Open Dent J. 2011;5:122-5. doi: 10.2174/1874210601105010122. Epub 2011 Jul 26.
Subperiosteal implants used to be prescribed to partially and fully edentulous patients to restore occlusion and esthetics prior to the emergence of the more successful endosseous implants that are used today. Because subperiosteal implants had a high incidence of failure, difficulty of placement, and post-operative complications, the use of subperiosteal implants declined significantly. However, some subperiostal implants placed 20-30 years ago still survive. Little information is available in the literature on how to treat patients whose subperiosteal implants still remain. This clinical case report thereby describes a treatment for a patient with a maxillary subperiosteal implant placed 23 years ago. The patient was offered a treatment option that included surgical implant removal, bone grafting and placement of endosseous implants to support a new maxillary overdenture. This treatment plan was not feasible due to the financial constraints of the patient and the complexity of the treatment. The patient chose a more conservative treatment plan, preserving the existing implant. The existing maxillary subperiosteal implant was restored with MICRO ERA attachments and a maxillary implant-retained overdenture was fabricated. The patient was satisfied with the esthetics and functional aspects of the treatment. No further peri-implant bone loss or other complications were found after a six-month recall. This clinical report suggests an alternative treatment plan for patients with existing subperiosteal implants that wish to avoid complex surgical procedures.
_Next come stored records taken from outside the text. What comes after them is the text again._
-- ===== src/MetadataCache/Keys.antt =====
-- internal/service/metadata_cache.go: the cache keys "%d:%s:%s" and "%d:%s", which connection they
-- belong to, and when two of them are one.
use mathlib.Core.List.{append_assoc}
use chat2sql.Prelude.{
  ℕ, ◌≡◌, refl, ap, sym, ◌∙◌, Bool, true, false, not, none, [], ◌∷◌, ◌++◌, Bytes, arith, all, lacks,
  between, decimal, decimal-injective, decimal_digits, has_prefix, same_bytes, same_bytes_iff, ◌==◌,
  ==_iff, if◌then◌else◌, Dict, lookup, keep, lookup-keep_key, number_key, text_key, Bool-cases, inl,
  inr,
}
use chat2sql.MetadataCache.State.{MetadataCache, connection_prefix, table_key, pattern_key}
use chat2sql.MetadataCache.Upkeep.{invalidate_connection}

digits-lacks : (s : Bytes) → all (between b'0' b'9') s ≡ true → lacks b':' s ≡ true
digits-lacks [] h = refl
digits-lacks (c ∷ s) h = ground (arith, digits-lacks s)

decimal-lacks : (n : ℕ) → lacks b':' (decimal n) ≡ true
decimal-lacks n = digits-lacks (decimal n) (decimal_digits n)

-- The first separator of two equal texts stands at one place.
split_at :
    (c : ℕ) (s s' t t' : Bytes)
    → lacks c s ≡ true
    → lacks c s' ≡ true
    → s ++ c ∷ t ≡ s' ++ c ∷ t'
    → (s ≡ s') × (t ≡ t')
split_at c [] [] t t' h k e = (refl, ground arith)
split_at c [] (d ∷ s') t t' h k e = absurd (ground arith)
split_at c (d ∷ s) [] t t' h k e = absurd (ground arith)
split_at c (d ∷ s) (d' ∷ s') t t' h k e =
    let (front, back) = split_at c s s' t t' (ground arith) (ground arith) (ground arith) in
    (ground arith, back)

has_prefix-sep :
    (c : ℕ) (s s' t : Bytes)
    → lacks c s ≡ true
    → lacks c s' ≡ true
    → has_prefix (s ++ c ∷ []) (s' ++ c ∷ t) ≡ same_bytes s s'
unfolding has_prefix same_bytes
has_prefix-sep c [] [] t h k = ground arith
has_prefix-sep c [] (d ∷ s') t h k = ground arith
has_prefix-sep c (d ∷ s) [] t h k = ground arith
has_prefix-sep c (d ∷ s) (d' ∷ s') t h k = ground (arith, has_prefix-sep c s s' t)

same_decimal : (i j : ℕ) → same_bytes (decimal i) (decimal j) ≡ (i == j)
same_decimal i j = elim (Bool-cases (i == j)) [
  | inl e ↦ rw e ((same_bytes_iff _ _).1 (ap decimal ((==_iff i j).0 e)))
  | inr e ↦ rw e (ground (arith, (same_bytes_iff (decimal i) (decimal j)).0, decimal-injective i j))
]

-- A key begins with the prefix of its own connection only.
prefix-connection :
    (i j : ℕ) (rest : Bytes)
    → has_prefix (connection_prefix i) (connection_prefix j ++ rest) ≡ (i == j)
unfolding connection_prefix
prefix-connection i j rest = rw (append_assoc (decimal j) (b':' ∷ []) rest) (
    has_prefix-sep b':' (decimal i) (decimal j) rest (decimal-lacks i) (decimal-lacks j)
    ∙ same_decimal i j)

-- The keys of different tables differ, as long as the names of the schemas hold no colon.
pub table_key-injective :
    (i j : ℕ) (s s' t t' : Bytes)
    → lacks b':' s ≡ true
    → lacks b':' s' ≡ true
    → table_key i s t ≡ table_key j s' t'
    → (i ≡ j) × (s ≡ s') × (t ≡ t')
unfolding table_key connection_prefix
table_key-injective i j s s' t t' h h' e =
    let (number, rest) =
      split_at b':' (decimal i) (decimal j) (s ++ b':' ∷ t) (s' ++ b':' ∷ t') (decimal-lacks i)
        (decimal-lacks j)
        (sym (append_assoc (decimal i) (b':' ∷ []) (s ++ b':' ∷ t))
          ∙ (e ∙ append_assoc (decimal j) (b':' ∷ []) (s' ++ b':' ∷ t'))) in
    let (schema, table) = split_at b':' s s' t t' h h' rest in
    (decimal-injective i j number, schema, table)

-- With a colon in a name, two tables share one key.
pub table_key_collision :
    (i : ℕ) (a b c : Bytes) → table_key i (a ++ b':' ∷ b) c ≡ table_key i a (b ++ b':' ∷ c)
unfolding table_key
table_key_collision i a b c =
    ap (λ s. connection_prefix i ++ s) (append_assoc a (b':' ∷ b) (b':' ∷ c))

prefix-table_key :
    (i j : ℕ) (s t : Bytes) → has_prefix (connection_prefix i) (table_key j s t) ≡ (i == j)
unfolding table_key
prefix-table_key i j s t = prefix-connection i j (s ++ b':' ∷ t)

prefix-pattern_key :
    (i j : ℕ) (s : Bytes) → has_prefix (connection_prefix i) (pattern_key j s) ≡ (i == j)
unfolding pattern_key
prefix-pattern_key i j s = prefix-connection i j s

if-not {ℓ} : {A : Type ℓ} (b : Bool) (x y : A) → (if not b then x else y) ≡ (if b then y else x)
if-not true x y = refl
if-not false x y = refl

lookup-without_prefix :
    {V : Type 0} (id j : ℕ) (key : Bytes) (m : Dict Bytes V)
    → has_prefix (connection_prefix id) key ≡ (id == j)
    → lookup key (keep (λ k _. not (has_prefix (connection_prefix id) k)) m)
      ≡ (if id == j then none else lookup key m)
lookup-without_prefix id j key m h =
    lookup-keep_key (λ k. not (has_prefix (connection_prefix id) k)) key m
    ∙ (ap (λ b. if not b then lookup key m else none) h ∙ if-not (id == j) (lookup key m) none)

-- `InvalidateConnection` removes what belongs to the connection from all three caches, and nothing
-- else: connection 1 does not take connection 11 along.
pub lookup-invalidate_connection :
    (id j : ℕ) (s t pattern : Bytes) (mc : MetadataCache)
    → let mc' = invalidate_connection id mc in
      (lookup j mc'.connection_schemas ≡ (if id == j then none else lookup j mc.connection_schemas))
      × (lookup (table_key j s t) mc'.table_summaries
          ≡ (if id == j then none else lookup (table_key j s t) mc.table_summaries))
      × (lookup (pattern_key j pattern) mc'.query_patterns
          ≡ (if id == j then none else lookup (pattern_key j pattern) mc.query_patterns))
unfolding invalidate_connection
lookup-invalidate_connection id j s t pattern mc = (
  lookup-keep_key (λ k. not (id == k)) j mc.connection_schemas
      ∙ if-not (id == j) (lookup j mc.connection_schemas) none,
  lookup-without_prefix id j (table_key j s t) mc.table_summaries (prefix-table_key id j s t),
  lookup-without_prefix id j (pattern_key j pattern) mc.query_patterns
      (prefix-pattern_key id j pattern),
)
在如今使用的更成功的骨内种植体出现之前,曾给部分或全部牙列缺失的患者使用骨膜下种植体来恢复咬合和美观。由于骨膜下种植体失败率高、植入困难且术后并发症多,其使用量大幅下降。然而,一些20至30年前植入的骨膜下种植体仍留存。文献中关于如何治疗骨膜下种植体仍留存的患者的信息很少。因此,本临床病例报告描述了一名23年前植入上颌骨膜下种植体患者的治疗情况。为该患者提供了一个治疗方案,包括手术取出种植体、植骨以及植入骨内种植体以支持新的上颌覆盖义齿。由于患者的经济限制和治疗的复杂性,该治疗方案不可行。患者选择了更保守的治疗方案,保留现有种植体。用MICRO ERA附件修复现有的上颌骨膜下种植体,并制作了上颌种植体支持的覆盖义齿。患者对治疗的美观和功能方面感到满意。六个月复查后未发现进一步的种植体周围骨丢失或其他并发症。本临床报告为希望避免复杂手术的现有骨膜下种植体患者提出了一种替代治疗方案。